(Beginning of DATASET CONTENT)

-- ===== src/Example/Main.antt =====
-- example/main.go: which command the program carries out. Its arguments, strings.ToLower, the
-- texts of the errnos and what the commands need of the file system, the clock, the threads of svc
-- and the handler are a record.
pub mod Held
use winsvc.Prelude.{ℕ, Bool, true, false, not, List, [], ◌∷◌, ◌++◌, if◌then◌else◌}
use winsvc.Unicode.{GoString, codes, same_text}
use winsvc.Winapi.System.{Error, Attempt, returned, failed, M}
use winsvc.Debug.Log.{Program, return, panics, on_windows, attempt, ◌>>=◌}
use winsvc.Example.Install.{Files, install_service, remove_service}
use winsvc.Example.Manage.{Polled, reached, sleeping, start_service, control_service}
use winsvc.Example.Running.{ErrnoText, error_text, run_service}
use winsvc.Svc.Run.{Callback}
use winsvc.Svc.Security.{is_an_interactive_session}
use winsvc.Svc.Types.{ExitCode, stop, pause, continue, stopped, paused, running}

pub record Setting : Type 0 where
  pub args : List GoString
  pub to_lower : GoString → GoString
  pub texts : ErrnoText
  pub files : Files
  pub clock : List Bool
  pub svcmain : ℕ
  pub callback : Callback
  pub console_exit : ExitCode

-- How main ends: it returns, log.Fatalf prints a text and exits with 1, or usage prints one and
-- exits with 2; or it still waits for the service to reach a state.
pub data Ended : Type 0 where
  done : Ended
  fatal : GoString → Ended
  misused : GoString → Ended
  polling : Ended

abbrev pub svc_name : GoString
svc_name = codes "myservice"

unfoldable pub usage : (prog errmsg : GoString) → Ended
usage prog errmsg = misused (
    errmsg
    ++ (codes "\n\nusage: "
        ++ (prog
            ++ codes
                " <command>\n       where <command> is one of\n       install, remove, debug, start, stop, pause or continue.\n")))

-- What stands behind the switch, where the command fails.
unfoldable pub failure : ErrnoText → (cmd : GoString) → Error → Ended
unfolding error_text
failure texts cmd e =
    fatal (
      codes "failed to "
      ++ (cmd ++ (codes " " ++ (svc_name ++ (codes ": " ++ error_text texts e)))))

unfoldable pub report : ErrnoText → (cmd : GoString) → Attempt (Unit {0}) → Ended
unfolding failure
report texts cmd (returned _) = done
report texts cmd (failed e) = failure texts cmd e

unfoldable pub report_polled : ErrnoText → (cmd : GoString) → Attempt Polled → Ended
unfolding failure
report_polled texts cmd (returned reached) = done
report_polled texts cmd (returned sleeping) = polling
report_polled texts cmd (failed e) = failure texts cmd e

unfoldable pub carry_out : ErrnoText → (cmd : GoString) → M (Unit {0}) → Program Ended
unfolding report
carry_out texts cmd m = do ended ← attempt (on_windows m); return (report texts cmd ended)

unfoldable pub control : Setting → (cmd : GoString) → (c to : ℕ) → Program Ended
unfolding report_polled
control s cmd c to = do
  ended ← attempt (on_windows (control_service svc_name c to s.clock))
  return (report_polled s.texts cmd ended)

unfoldable pub serve : Setting → (is_debug : Bool) → Program Ended
serve s is_debug = do
  _ ← run_service s.texts s.svcmain s.callback s.console_exit svc_name is_debug
  return done

-- The switch over the command.
unfoldable pub dispatch : Setting → (prog cmd : GoString) → Program Ended
unfolding usage carry_out control serve
dispatch s prog cmd =
    if same_text cmd (codes "debug")
    then serve s true
    else if same_text cmd (codes "install")
    then carry_out s.texts cmd (install_service s.files prog svc_name (codes "my service"))
    else if same_text cmd (codes "remove")
    then carry_out s.texts cmd (remove_service svc_name)
    else if same_text cmd (codes "start")
    then carry_out s.texts cmd (start_service svc_name)
    else if same_text cmd (codes "stop")
    then control s cmd stop stopped
    else if same_text cmd (codes "pause")
    then control s cmd pause paused
    else if same_text cmd (codes "continue")
    then control s cmd continue running
    else return (usage prog (codes "invalid command " ++ cmd))

-- In an interactive session. Without arguments os.Args[0] is a panic.
unfoldable pub interactive : Setting → List GoString → Program Ended
unfolding dispatch
interactive s [] = panics
interactive s (prog ∷ []) = return (usage prog (codes "no command specified"))
interactive s (prog ∷ arg ∷ args) = dispatch s prog (s.to_lower arg)

unfoldable pub in_session : Setting → Attempt Bool → Program Ended
unfolding interactive
in_session s (failed e) = return (
    fatal (
      codes "failed to determine if we are running in an interactive session: "
      ++ error_text s.texts e))
in_session s (returned is_int_sess) =
    if not is_int_sess then serve s false else interactive s s.args

unfoldable pub main : Setting → Program Ended
unfolding is_an_interactive_session in_session
main s = do found ← attempt (on_windows is_an_interactive_session); in_session s found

(End of DATASET CONTENT)

-- WORK REQUEST --
Look at the entries above. Then set all of them down again exactly.

-- REPLY TO THE TASK --
-- ===== src/Example/Main.antt =====
-- example/main.go: which command the program carries out. Its arguments, strings.ToLower, the
-- texts of the errnos and what the commands need of the file system, the clock, the threads of svc
-- and the handler are a record.
pub mod Held
use winsvc.Prelude.{ℕ, Bool, true, false, not, List, [], ◌∷◌, ◌++◌, if◌then◌else◌}
use winsvc.Unicode.{GoString, codes, same_text}
use winsvc.Winapi.System.{Error, Attempt, returned, failed, M}
use winsvc.Debug.Log.{Program, return, panics, on_windows, attempt, ◌>>=◌}
use winsvc.Example.Install.{Files, install_service, remove_service}
use winsvc.Example.Manage.{Polled, reached, sleeping, start_service, control_service}
use winsvc.Example.Running.{ErrnoText, error_text, run_service}
use winsvc.Svc.Run.{Callback}
use winsvc.Svc.Security.{is_an_interactive_session}
use winsvc.Svc.Types.{ExitCode, stop, pause, continue, stopped, paused, running}

pub record Setting : Type 0 where
  pub args : List GoString
  pub to_lower : GoString → GoString
  pub texts : ErrnoText
  pub files : Files
  pub clock : List Bool
  pub svcmain : ℕ
  pub callback : Callback
  pub console_exit : ExitCode

-- How main ends: it returns, log.Fatalf prints a text and exits with 1, or usage prints one and
-- exits with 2; or it still waits for the service to reach a state.
pub data Ended : Type 0 where
  done : Ended
  fatal : GoString → Ended
  misused : GoString → Ended
  polling : Ended

abbrev pub svc_name : GoString
svc_name = codes "myservice"

unfoldable pub usage : (prog errmsg : GoString) → Ended
usage prog errmsg = misused (
    errmsg
    ++ (codes "\n\nusage: "
        ++ (prog
            ++ codes
                " <command>\n       where <command> is one of\n       install, remove, debug, start, stop, pause or continue.\n")))

-- What stands behind the switch, where the command fails.
unfoldable pub failure : ErrnoText → (cmd : GoString) → Error → Ended
unfolding error_text
failure texts cmd e =
    fatal (
      codes "failed to "
      ++ (cmd ++ (codes " " ++ (svc_name ++ (codes ": " ++ error_text texts e)))))

unfoldable pub report : ErrnoText → (cmd : GoString) → Attempt (Unit {0}) → Ended
unfolding failure
report texts cmd (returned _) = done
report texts cmd (failed e) = failure texts cmd e

unfoldable pub report_polled : ErrnoText → (cmd : GoString) → Attempt Polled → Ended
unfolding failure
report_polled texts cmd (returned reached) = done
report_polled texts cmd (returned sleeping) = polling
report_polled texts cmd (failed e) = failure texts cmd e

unfoldable pub carry_out : ErrnoText → (cmd : GoString) → M (Unit {0}) → Program Ended
unfolding report
carry_out texts cmd m = do ended ← attempt (on_windows m); return (report texts cmd ended)

unfoldable pub control : Setting → (cmd : GoString) → (c to : ℕ) → Program Ended
unfolding report_polled
control s cmd c to = do
  ended ← attempt (on_windows (control_service svc_name c to s.clock))
  return (report_polled s.texts cmd ended)

unfoldable pub serve : Setting → (is_debug : Bool) → Program Ended
serve s is_debug = do
  _ ← run_service s.texts s.svcmain s.callback s.console_exit svc_name is_debug
  return done

-- The switch over the command.
unfoldable pub dispatch : Setting → (prog cmd : GoString) → Program Ended
unfolding usage carry_out control serve
dispatch s prog cmd =
    if same_text cmd (codes "debug")
    then serve s true
    else if same_text cmd (codes "install")
    then carry_out s.texts cmd (install_service s.files prog svc_name (codes "my service"))
    else if same_text cmd (codes "remove")
    then carry_out s.texts cmd (remove_service svc_name)
    else if same_text cmd (codes "start")
    then carry_out s.texts cmd (start_service svc_name)
    else if same_text cmd (codes "stop")
    then control s cmd stop stopped
    else if same_text cmd (codes "pause")
    then control s cmd pause paused
    else if same_text cmd (codes "continue")
    then control s cmd continue running
    else return (usage prog (codes "invalid command " ++ cmd))

-- In an interactive session. Without arguments os.Args[0] is a panic.
unfoldable pub interactive : Setting → List GoString → Program Ended
unfolding dispatch
interactive s [] = panics
interactive s (prog ∷ []) = return (usage prog (codes "no command specified"))
interactive s (prog ∷ arg ∷ args) = dispatch s prog (s.to_lower arg)

unfoldable pub in_session : Setting → Attempt Bool → Program Ended
unfolding interactive
in_session s (failed e) = return (
    fatal (
      codes "failed to determine if we are running in an interactive session: "
      ++ error_text s.texts e))
in_session s (returned is_int_sess) =
    if not is_int_sess then serve s false else interactive s s.args

unfoldable pub main : Setting → Program Ended
unfolding is_an_interactive_session in_session
main s = do found ← attempt (on_windows is_an_interactive_session); in_session s found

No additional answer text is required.